By using less space to represent more common characters (i.e., ASCII characters), UTF-8 reduces file size while allowing for a much larger number of less common characters. These less common characters are encoded into two or more bytes, but this is okay if they’re stored sparingly.
Spatial efficiency is a key advantage of UTF-8 encoding. If, instead, every Unicode character was represented by four bytes, a text file written in English would be four times the size of the same file encoded with UTF-8.
Are there other encoding systems besides UTF-8?
There are other encoding systems for Unicode besides UTF-8, but UTF-8 is unique because it represents characters in one-byte units. Remember that one byte consists of eight bits, hence the “-8” in its name.
More specifically, UTF-8 converts a code point (which represents a single character in Unicode) into a set of one to four bytes. The first 128 characters in the Unicode library — the characters I talked about while explaining ASCII above — are represented as one byte. Characters that appear later in the Unicode library are encoded as two-byte, three-byte, and eventually four-byte binary units.
Difference Between UTF-8 and UTF-16
As I mentioned, UTF-8 is not the only encoding method for Unicode characters — there’s also UTF-16. These methods differ in the number of bytes they need to store a character:
- UTF-8 encodes a character into a binary string of one, two, three, or four bytes.
- UTF-16 encodes a Unicode character into a string of either two or four bytes.
- In UTF-8, the smallest binary representation of a character is one byte, or eight bits.
- In UTF-16, the smallest binary representation of a character is two bytes, or sixteen bits.
Both UTF-8 and UTF-16 can translate Unicode characters into computer-friendly binary and back again. However, they are not compatible with each other.
UTF-8 vs. UTF-16 Character Table
Both UTF-8 and UTF-16 systems use different algorithms to map code points to binary strings. As shown in the character table below, the binary output for any given character will look different for both UTF-8 and UTF-16:
Character |
UTF-8 binary encoding |
UTF-16 binary encoding |
A |
01000001 |
01000001 11011000 00001110 11011111 |
𠜎 |
11110000 10100000 10011100 10001110 |
01000001 11011000 00001110 11011111 |
When should I use UTF-8?
UTF-8 encoding is preferable to UTF-16 on the majority of websites because it uses less memory.
Recall that UTF-8 encodes each ASCII character in just one byte. UTF-16 must encode these same characters in either two or four bytes. This means that an English text file encoded with UTF-16 would be at least double the size of the same file encoded with UTF-8.
Another benefit of using UTF-8 character sets is its backward compatibility with ASCII. The first 128 characters in the Unicode library match those in the ASCII library, and UTF-8 translates these 128 Unicode characters into the same binary strings as ASCII. As a result, UTF-8 can take a text file formatted by ASCII and convert it to human-readable text without issue.
When should I use UTF-16?
UTF-16 is only more efficient than UTF-8 on some non-English websites.

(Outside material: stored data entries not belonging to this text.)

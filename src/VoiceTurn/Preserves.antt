-- ===== src/VoiceTurn/Preserves.antt =====
-- Every step of core/cluster/voice_turn.py keeps the invariant of the session.
use xiaozhi_desk_robot_serve.Prelude.{
  ℕ, ◌<◌, String, Bool, ◌≡◌, refl, subst, true, false, Option, none, some, List, [], ◌∷◌, ◌++◌, inl,
  inr, arith, ltb, ◌==◌, length, length-append, Bool-cases, All-append,
}
use xiaozhi_desk_robot_serve.VoiceTurn.{
  TurnState, asr_restarting, Frame, audio, end_of_speech, Message, stt_clear, stt_final, tts_stop,
  tts_stop_end, asr_overflow, goodbye, no_voice_timeout, Task, VoiceTurn, Config, emit, after,
  touch_activity,
}
use xiaozhi_desk_robot_serve.VoiceTurn.Control.{
  queue_size, recovery_audio_frames, abort, begin, listen, start, answer, start_text, put_frame,
  pre_roll, audio_frame, stop, idle_due, expire_idle,
}
use xiaozhi_desk_robot_serve.VoiceTurn.Turn.{take_queue, take_frame}
use xiaozhi_desk_robot_serve.VoiceTurn.Runs.{watch_idle}
use xiaozhi_desk_robot_serve.VoiceTurn.Invariant.{
  IsAudio, QueueOk, TaskOk, IsSound, QueueOk-drain, QueueOk-tail, QueueOk-end, TaskOk-end,
  TaskOk-queue, emit-IsSound, after-IsSound, EndsLast-append, abort-none,
}

none-IsSound : (v : VoiceTurn) → v.queue ≡ none → v.task ≡ none → IsSound v
none-IsSound v q t = (rw q tt, rw t tt)

pub abort-IsSound : (sends : Message → Bool) (v : VoiceTurn) → IsSound (abort sends v)
abort-IsSound sends v = let (q, t, g, c) = abort-none sends v in none-IsSound (abort sends v) q t

begin-IsSound : (sends : Message → Bool) (now : ℕ) (v : VoiceTurn) → IsSound (begin sends now v)
unfolding begin touch_activity
begin-IsSound sends now v = abort-IsSound sends v

pub start-IsSound :
    (sends : Message → Bool) (now : ℕ) (mode : String) (v : VoiceTurn)
    → IsSound v
    → IsSound (start sends now mode v).0
unfolding start
start-IsSound sends now mode v i = ground (
  arith,
  after-IsSound (emit sends stt_clear (begin sends now v)) (listen mode)
      (emit-IsSound sends stt_clear _ (begin-IsSound sends now v))
      (λ w j. unfold listen in ((omega arith, tt), (refl, tt))),
)

answer-IsSound :
    (text : String) (wake : Bool) (v : VoiceTurn) → IsSound v → IsSound (answer text wake v).0
unfolding answer
answer-IsSound text wake v i = (QueueOk-end v.ending v.queue i.0, (refl, inl refl))

pub start_text-IsSound :
    (cfg : Config) (matches : String → Bool) (sends : Message → Bool) (now : ℕ)
    (text : Option String) (wake : Bool) (v : VoiceTurn)
    → IsSound v
    → IsSound (start_text cfg matches sends now text wake v).0
unfolding start_text
start_text-IsSound cfg matches sends now none wake v i = i
start_text-IsSound cfg matches sends now (some text) wake v i =
    let w = record (begin sends now v) { waking = wake } in
    let x = record w { waking = false } in
    let b : IsSound w = begin-IsSound sends now v in
    let first : IsSound (emit sends (stt_final text) x).0 =
      emit-IsSound sends (stt_final text) x b in
    ground (
      arith,
      answer-IsSound text wake w b,
      after-IsSound (emit sends (stt_final text) x) (emit sends tts_stop) first
          (λ y j. emit-IsSound sends tts_stop y j),
    )

-- the state of a queue and a task that a new frame goes to
put_frame-IsSound :
    (sends : Message → Bool) (f : Frame) (o : Option (List Frame)) (v : VoiceTurn)
    → IsSound v
    → TaskOk v.generation o v.ending v.idle_closing v.task
    → ((q : List Frame)
        → o ≡ some q
        → length q < queue_size
        → QueueOk v.ending (some (q ++ f ∷ [])))
    → IsSound (put_frame sends f o v).0
unfolding put_frame
put_frame-IsSound sends f none v i t room = i
put_frame-IsSound sends f (some q) v i t room = elim (Bool-cases (ltb (length q) queue_size)) [
  | inl fits ↦ rw fits (
    room q refl (ground arith),
    TaskOk-queue v.generation q (q ++ f ∷ []) v.ending v.idle_closing v.task t,
  )
  | inr full ↦ rw full (emit-IsSound sends asr_overflow (abort sends v) (abort-IsSound sends v))
]

pre_roll-QueueOk :
    (s : TurnState) (ending : Bool) (o : Option (List Frame))
    → QueueOk ending o
    → QueueOk ending (pre_roll s o)
unfolding pre_roll
pre_roll-QueueOk asr_restarting ending none i = i
pre_roll-QueueOk asr_restarting ending (some q) i = QueueOk-drain ending recovery_audio_frames q i
pre_roll-QueueOk _ ending o i = i

pre_roll-TaskOk :
    (s : TurnState) (g : ℕ) (o : Option (List Frame)) (ending closing : Bool) (t : Option Task)
    → TaskOk g o ending closing t
    → TaskOk g (pre_roll s o) ending closing t
unfolding pre_roll
pre_roll-TaskOk asr_restarting g none ending closing t i = i
pre_roll-TaskOk asr_restarting g (some q) ending closing t i = TaskOk-queue g q _ ending closing t i
pre_roll-TaskOk _ g o ending closing t i = i

room_audio :
    (ending : Bool) (bytes : List ℕ) (o : Option (List Frame)) (q : List Frame)
    → ending ≡ false
    → QueueOk ending o
    → o ≡ some q
    → length q < queue_size
    → QueueOk ending (some (q ++ audio bytes ∷ []))
room_audio ending bytes o q e i h fits =
    let ok' : QueueOk false (some q) =
      subst (λ x. QueueOk false x) h (subst (λ x. QueueOk x o) e i) in
    rw e (
      omega (arith, length-append q (audio bytes ∷ [])),
      All-append IsAudio q (audio bytes ∷ []) ok'.1 (tt, tt),
    )

pub audio_frame-IsSound :
    (sends : Message → Bool) (bytes : List ℕ) (v : VoiceTurn)
    → IsSound v
    → IsSound (audio_frame sends bytes v).0
unfolding audio_frame
audio_frame-IsSound sends bytes v i = elim (Bool-cases v.ending) [
  | inl e ↦ ground arith
  | inr e ↦ ground (
    arith,
    put_frame-IsSound sends (audio bytes) (pre_roll v.state v.queue) v i
        (pre_roll-TaskOk v.state v.generation v.queue v.ending v.idle_closing v.task i.1)
        (λ q.
          room_audio v.ending bytes (pre_roll v.state v.queue) q e
            (pre_roll-QueueOk v.state v.ending v.queue i.0)),
  )
]

room_end :
    (o : Option (List Frame)) (q : List Frame)
    → QueueOk false o
    → o ≡ some q
    → length q < queue_size
    → QueueOk true (some (q ++ end_of_speech ∷ []))
room_end o q i h fits =
    let ok' : QueueOk false (some q) = subst (λ x. QueueOk false x) h i in
    (omega (arith, length-append q (end_of_speech ∷ [])), EndsLast-append q end_of_speech ok'.1)

pub stop-IsSound : (sends : Message → Bool) (v : VoiceTurn) → IsSound v → IsSound (stop sends v).0
unfolding stop emit after
stop-IsSound sends v i = elim (Bool-cases v.ending) [
  | inl e ↦ ground arith
  | inr e ↦
      let w = record v { ending = true } in
      let x = record w { sent = v.sent ++ stt_clear ∷ [] } in
      let j : IsSound w = (
        QueueOk-end v.ending v.queue i.0,
        TaskOk-end v.generation v.queue v.ending v.idle_closing v.task i.1,
      ) in
      let open' : QueueOk false v.queue = subst (λ b. QueueOk b v.queue) e i.0 in
      ground (
        arith,
        put_frame-IsSound sends end_of_speech x.queue x j j.1
            (λ q h fits. room_end v.queue q open' h fits),
      )
]

expire_idle-IsSound :
    (cfg : Config) (sends : Message → Bool) (v : VoiceTurn)
    → IsSound v
    → IsSound (expire_idle cfg sends v).0
unfolding expire_idle
expire_idle-IsSound cfg sends v i =
    let a = abort sends (record v { idle_closing = true }) in
    let w = record a { close_after_chat = true; end_reason = no_voice_timeout } in
    let j : IsSound w = abort-IsSound sends (record v { idle_closing = true }) in
    let (q, t, g, c) = abort-none sends (record v { idle_closing = true }) in
    ground (
      arith,
      after-IsSound (emit sends stt_clear w)
          (λ x. after (emit sends tts_stop_end x) (λ y. emit sends (goodbye y.end_reason) y))
          (emit-IsSound sends stt_clear w j)
          (λ x k.
            after-IsSound (emit sends tts_stop_end x) (λ y. emit sends (goodbye y.end_reason) y)
              (emit-IsSound sends tts_stop_end x k)
              (λ y l. emit-IsSound sends (goodbye y.end_reason) y l)),
    )

pub watch_idle-IsSound :
    (cfg : Config) (sends : Message → Bool) (now : ℕ) (v : VoiceTurn)
    → IsSound v
    → IsSound (watch_idle cfg sends now v)
unfolding watch_idle idle_due touch_activity
watch_idle-IsSound cfg sends now v i = ground (arith, expire_idle-IsSound cfg sends v i)

take_queue-QueueOk :
    (b ending : Bool) (o : Option (List Frame)) → QueueOk ending o → QueueOk ending (take_queue b o)
unfolding take_queue
take_queue-QueueOk true ending none i = i
take_queue-QueueOk true ending (some []) i = i
take_queue-QueueOk true ending (some (f ∷ q)) i = QueueOk-tail ending f q i
take_queue-QueueOk false ending o i = i

take_queue-TaskOk :
    (b : Bool) (g : ℕ) (o : Option (List Frame)) (ending closing : Bool) (t : Option Task)
    → TaskOk g o ending closing t
    → TaskOk g (take_queue b o) ending closing t
unfolding take_queue
take_queue-TaskOk true g none ending closing t i = i
take_queue-TaskOk true g (some []) ending closing t i = i
take_queue-TaskOk true g (some (f ∷ q)) ending closing t i =
    TaskOk-queue g (f ∷ q) q ending closing t i
take_queue-TaskOk false g o ending closing t i = i

pub take_frame-IsSound : (g : ℕ) (v : VoiceTurn) → IsSound v → IsSound (take_frame g v)
unfolding take_frame
take_frame-IsSound g v i =
    let b = g == v.generation in
    (
      take_queue-QueueOk b v.ending v.queue i.0,
      take_queue-TaskOk b v.generation v.queue v.ending v.idle_closing v.task i.1,
    )
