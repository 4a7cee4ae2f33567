-- ===== src/VoiceTurn/Stages.antt =====
-- The stages of a task of core/cluster/voice_turn.py keep the invariant of the session, and so does
-- every run.
use xiaozhi_desk_robot_serve.Prelude.{
  ℕ, ◌+◌, String, Bool, ◌≡◌, subst, true, false, Option, none, some, List, [], ◌∷◌, ◌++◌, inl, inr,
  arith, not, ◌==◌, ◌&&◌, if◌then◌else◌, Bool-cases, Option-cases,
}
use xiaozhi_desk_robot_serve.VoiceTurn.{
  stt_clear, tts_start, llm_final, llm_partial, llm_emotion, done, Frame, Message, stt_partial,
  stt_final, tts_stop, tts_stop_end, goodbye, complete, Task, VoiceTurn, Config, emit,
  touch_activity, ok,
}
use xiaozhi_desk_robot_serve.VoiceTurn.Control.{recovery_audio_frames, emit_quietly, drain}
use xiaozhi_desk_robot_serve.VoiceTurn.Turn.{
  open_speech, mark_speech, note_speech, emit_tts, play_message, answer_chunk, answer_result,
  AsrResult, heard, asr_failed, Phrases, Playback, heard_partial, heard_speech, admitted, reopen,
  transcribe_attempt, respond, accept_text, heard_text, conclude, close_speech, end_task, finish,
  text_only, still_playing,
}
use xiaozhi_desk_robot_serve.VoiceTurn.Runs.{
  play_call, chunk_call, result_call, Call, abort_call, stop_call, start_call, text_call,
  audio_call, idle_call, partial_call, speech_call, admitted_call, take_call, attempt_call,
  accept_call, heard_call, finish_call, step, run,
}
use xiaozhi_desk_robot_serve.VoiceTurn.Invariant.{
  QueueOk, TaskOk, IsSound, QueueOk-drain, QueueOk-end, TaskOk-end, TaskOk-queue, emit-IsSound,
  after-IsSound,
}
use xiaozhi_desk_robot_serve.VoiceTurn.Preserves.{
  abort-IsSound, start-IsSound, start_text-IsSound, audio_frame-IsSound, stop-IsSound,
  watch_idle-IsSound, take_frame-IsSound,
}

drained-IsSound :
    (n : ℕ) (q : List Frame) (v : VoiceTurn)
    → v.queue ≡ some q
    → IsSound v
    → IsSound (record v { queue = some (drain n q) })
drained-IsSound n q v h i = (
  QueueOk-drain v.ending n q (subst (λ x. QueueOk v.ending x) h i.0),
  TaskOk-queue v.generation q (drain n q) v.ending v.idle_closing v.task
      (subst (λ x. TaskOk v.generation x v.ending v.idle_closing v.task) h i.1),
)

reopen-IsSound :
    (sends : Message → Bool) (g attempts : ℕ) (v : VoiceTurn)
    → IsSound v
    → IsSound (reopen sends g attempts v).0
unfolding reopen emit
reopen-IsSound sends g attempts v i = elim (Option-cases v.queue) [
  | inl h ↦ ground arith
  | inr (q, h) ↦ ground (arith, drained-IsSound (recovery_audio_frames + 1) q v h i)
]

transcribe_attempt-IsSound :
    (sends : Message → Bool) (g : ℕ) (mode : String) (attempts : ℕ) (r : AsrResult) (v : VoiceTurn)
    → IsSound v
    → IsSound (transcribe_attempt sends g mode attempts r v).0
unfolding transcribe_attempt
transcribe_attempt-IsSound sends g mode attempts (heard text) v i =
    ground (arith, reopen-IsSound sends g attempts v i)
transcribe_attempt-IsSound sends g mode attempts (asr_failed recoverable) v i =
    ground (arith, reopen-IsSound sends g attempts v i)

respond-IsSound :
    (sends : Message → Bool) (ph : Phrases) (g : ℕ) (wake listens : Bool) (text : String)
    (v : VoiceTurn)
    → IsSound v
    → IsSound (respond sends ph g wake listens text v).0
unfolding respond open_speech
respond-IsSound sends ph g wake listens text v i =
    ground (arith, emit-IsSound sends tts_stop (record v { waking = false }) i)

accept_text-IsSound :
    (sends : Message → Bool) (now : ℕ) (ph : Phrases) (g : ℕ) (wake listens closing : Bool)
    (text : String) (v : VoiceTurn)
    → IsSound v
    → IsSound (accept_text sends now ph g wake listens closing text v).0
unfolding accept_text emit touch_activity
accept_text-IsSound sends now ph g wake listens closing text v i =
    let w = record v { ending = true } in
    let j : IsSound w = (
      QueueOk-end v.ending v.queue i.0,
      TaskOk-end v.generation v.queue v.ending v.idle_closing v.task i.1,
    ) in
    let said = record w { sent = v.sent ++ stt_final text ∷ [] } in
    ground (
      arith,
      respond-IsSound sends ph g wake listens text w j,
      respond-IsSound sends ph g wake listens text said j,
      respond-IsSound sends ph g wake listens text (record said { last_activity = now }) j,
    )

heard_text-IsSound :
    (sends : Message → Bool) (now : ℕ) (ph : Phrases) (g : ℕ) (mode text : String) (v : VoiceTurn)
    → IsSound v
    → IsSound (heard_text sends now ph g mode text v).0
unfolding heard_text
heard_text-IsSound sends now ph g mode text v i = ground (
  arith,
  emit-IsSound sends stt_clear v i,
  accept_text-IsSound sends now ph g false true false text v i,
)

note_speech-IsSound : (m : Message) (v : VoiceTurn) → IsSound v → IsSound (note_speech m v).0
unfolding note_speech
note_speech-IsSound tts_start v i = i
note_speech-IsSound tts_stop v i = i
note_speech-IsSound m v i = i

emit_tts-IsSound :
    (sends : Message → Bool) (g : ℕ) (m : Message) (v : VoiceTurn)
    → IsSound v
    → IsSound (emit_tts sends g m v).0
unfolding emit_tts
emit_tts-IsSound sends g m v i = elim (Bool-cases (g == v.generation)) [
  | inl e ↦
      rw e (emit-IsSound sends (note_speech m v).1 (note_speech m v).0 (note_speech-IsSound m v i))
  | inr e ↦ rw e i
]

play_message-IsSound :
    (sends : Message → Bool) (g : ℕ) (m : Message) (v : VoiceTurn)
    → IsSound v
    → IsSound (play_message sends g m v).0
unfolding play_message
play_message-IsSound sends g tts_start v i =
    emit_tts-IsSound sends g tts_start (record v { current_tts = mark_speech g true v.current_tts })
      i
play_message-IsSound sends g tts_stop v i =
    after-IsSound _ _ (emit_tts-IsSound sends g tts_stop v i) (λ w j. j)
play_message-IsSound sends g m v i = emit_tts-IsSound sends g m v i

answer_chunk-IsSound :
    (sends : Message → Bool) (g : ℕ) (emotion : Option (String × String)) (text : String) (seq : ℕ)
    (v : VoiceTurn)
    → IsSound v
    → IsSound (answer_chunk sends g emotion text seq v).0
unfolding answer_chunk
answer_chunk-IsSound sends g none text seq v i = elim (Bool-cases (g == v.generation)) [
  | inl e ↦ rw e (after-IsSound (v, ok) _ i (emit-IsSound sends (llm_partial seq text)))
  | inr e ↦ rw e i
]
answer_chunk-IsSound sends g (some (emoji, name)) text seq v i =
    elim (Bool-cases (g == v.generation)) [
      | inl e ↦ rw e (
          after-IsSound _ _ (emit-IsSound sends (llm_emotion emoji name) v i)
            (emit-IsSound sends (llm_partial seq text)))
      | inr e ↦ rw e i
    ]

TaskOk-end_task :
    (g g' : ℕ) (q : Option (List Frame)) (ending closing : Bool) (t : Option Task)
    → TaskOk g' q ending closing t
    → TaskOk g' q ending closing (end_task g t)
unfolding end_task
TaskOk-end_task g g' q ending closing none i = i
TaskOk-end_task g g' q ending closing (some t) i = elim (Bool-cases (t.generation == g)) [
  | inl e ↦ rw e i
  | inr e ↦ rw e i
]

emit_if-IsSound :
    (sends : Message → Bool) (b : Bool) (m : Message) (v : VoiceTurn)
    → IsSound v
    → IsSound (if b then emit sends m v else (v, ok)).0
emit_if-IsSound sends true m v i = emit-IsSound sends m v i
emit_if-IsSound sends false m v i = i

settled-IsSound :
    (failed : Bool) (v : VoiceTurn)
    → IsSound v
    → IsSound (if failed then v else record v { state = done })
settled-IsSound true v i = i
settled-IsSound false v i = i

conclude-IsSound :
    (sends : Message → Bool) (speech : Option Playback) (failed spoken : Bool) (v : VoiceTurn)
    → IsSound v
    → IsSound (conclude sends speech failed spoken v).0
unfolding conclude
conclude-IsSound sends speech failed spoken v i =
    after-IsSound _ _
      (emit_if-IsSound sends (v.close_after_chat && text_only speech) tts_stop_end v i)
      (λ a j.
        after-IsSound _ _
          (emit_if-IsSound sends (failed && not spoken && still_playing speech) tts_stop_end a j)
          (λ b k. after-IsSound _ _ (emit-IsSound sends (complete (text_only speech)) b k) (λ c l.
            let d = if failed then c else record c { state = done } in
            emit_if-IsSound sends d.close_after_chat (goodbye d.end_reason) d
              (settled-IsSound failed c l))))

close_speech-IsSound :
    (sends : Message → Bool) (g : ℕ) (speech : Option Playback) (failed : Bool) (v : VoiceTurn)
    → IsSound v
    → IsSound (close_speech sends g speech failed v)
unfolding close_speech emit_quietly
close_speech-IsSound sends g none failed v i = i
close_speech-IsSound sends g (some p) failed v i = ground (arith, emit-IsSound sends tts_stop v i)

finish-IsSound :
    (sends : Message → Bool) (now g : ℕ) (speech : Option Playback) (failed spoken : Bool)
    (v : VoiceTurn)
    → IsSound v
    → IsSound (finish sends now g speech failed spoken v)
unfolding finish touch_activity
finish-IsSound sends now g speech failed spoken v i =
    let w = close_speech sends g speech failed v in
    let x = (conclude sends speech failed spoken (record w { waking = false })).0 in
    let j : IsSound w = close_speech-IsSound sends g speech failed v i in
    let k : IsSound x =
      conclude-IsSound sends speech failed spoken (record w { waking = false }) j in
    elim (Bool-cases (g == w.generation)) [
      | inl e ↦
          rw e (k.0, TaskOk-end_task g x.generation x.queue x.ending x.idle_closing x.task k.1)
      | inr e ↦
          rw e (j.0, TaskOk-end_task g w.generation w.queue w.ending w.idle_closing w.task j.1)
    ]

step-IsSound :
    (cfg : Config) (ph : Phrases) (sends : Message → Bool) (now : ℕ) (c : Call) (v : VoiceTurn)
    → IsSound v
    → IsSound (step cfg ph sends now c v)
unfolding step
step-IsSound cfg ph sends now abort_call v i = abort-IsSound sends v
step-IsSound cfg ph sends now stop_call v i = stop-IsSound sends v i
step-IsSound cfg ph sends now (start_call mode) v i = start-IsSound sends now mode v i
step-IsSound cfg ph sends now (text_call text wake) v i =
    start_text-IsSound cfg ph.matches sends now text wake v i
step-IsSound cfg ph sends now (audio_call bytes) v i = audio_frame-IsSound sends bytes v i
step-IsSound cfg ph sends now idle_call v i = watch_idle-IsSound cfg sends now v i
step-IsSound cfg ph sends now (partial_call g text) v i =
    unfold heard_partial touch_activity in
    ground (
      arith,
      emit-IsSound sends (stt_partial text) v i,
      emit-IsSound sends (stt_partial text) (record v { last_activity = now }) i,
    )
step-IsSound cfg ph sends now (speech_call g) v i =
    unfold heard_speech touch_activity in ground arith
step-IsSound cfg ph sends now (admitted_call g) v i = unfold admitted in ground arith
step-IsSound cfg ph sends now (take_call g) v i = take_frame-IsSound g v i
step-IsSound cfg ph sends now (attempt_call g mode attempts r) v i =
    transcribe_attempt-IsSound sends g mode attempts r v i
step-IsSound cfg ph sends now (heard_call g mode text) v i =
    heard_text-IsSound sends now ph g mode text v i
step-IsSound cfg ph sends now (accept_call g wake listens closing text) v i =
    accept_text-IsSound sends now ph g wake listens closing text v i
step-IsSound cfg ph sends now (play_call g m) v i = play_message-IsSound sends g m v i
step-IsSound cfg ph sends now (chunk_call g emotion text seq) v i =
    answer_chunk-IsSound sends g emotion text seq v i
step-IsSound cfg ph sends now (result_call g speech text) v i =
    unfold answer_result in ground (arith, emit-IsSound sends (llm_final text) v i)
step-IsSound cfg ph sends now (finish_call g speech failed spoken) v i =
    finish-IsSound sends now g speech failed spoken v i

-- From a state with the invariant, any calls of the transport and of the idle watch, in any
-- interleaving with the stages of current and of replaced tasks and whichever sends fail, lead to
-- one: the task is of the current generation; the queue has at most 64 frames, audio only until the
-- speech ends and then nothing after the end mark; a task that listens has a queue, and one that
-- answers a text comes with `ending` or `idle_closing`.
pub run-IsSound :
    (cfg : Config) (ph : Phrases) (calls : List ((Message → Bool) × ℕ × Call)) (v : VoiceTurn)
    → IsSound v
    → IsSound (run cfg ph calls v)
unfolding run
run-IsSound cfg ph [] v i = i
run-IsSound cfg ph ((sends, now, c) ∷ calls) v i =
    run-IsSound cfg ph calls (step cfg ph sends now c v) (step-IsSound cfg ph sends now c v i)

If a website uses a language with characters farther back in the Unicode library, UTF-8 will encode all characters as four bytes, whereas UTF-16 might encode many of the same characters as only two bytes.
Pro tip: If your pages are filled with ABCs and 123s, I’d recommend sticking with UTF-8.
Here's My Summary of Why and How UTF-8 Encoding is Important
Diving into UTF-8 made me realize how essential it is to the seamless digital experiences we enjoy every day.
Here's a summary of everything I went over:
- Computers store data, including text characters, as binary (1s and 0s).
- ASCII was an early way of encoding, or mapping characters to binary code so that computers could store them. However, ASCII did not provide enough room for non-Latin characters and numbers to be represented in binary.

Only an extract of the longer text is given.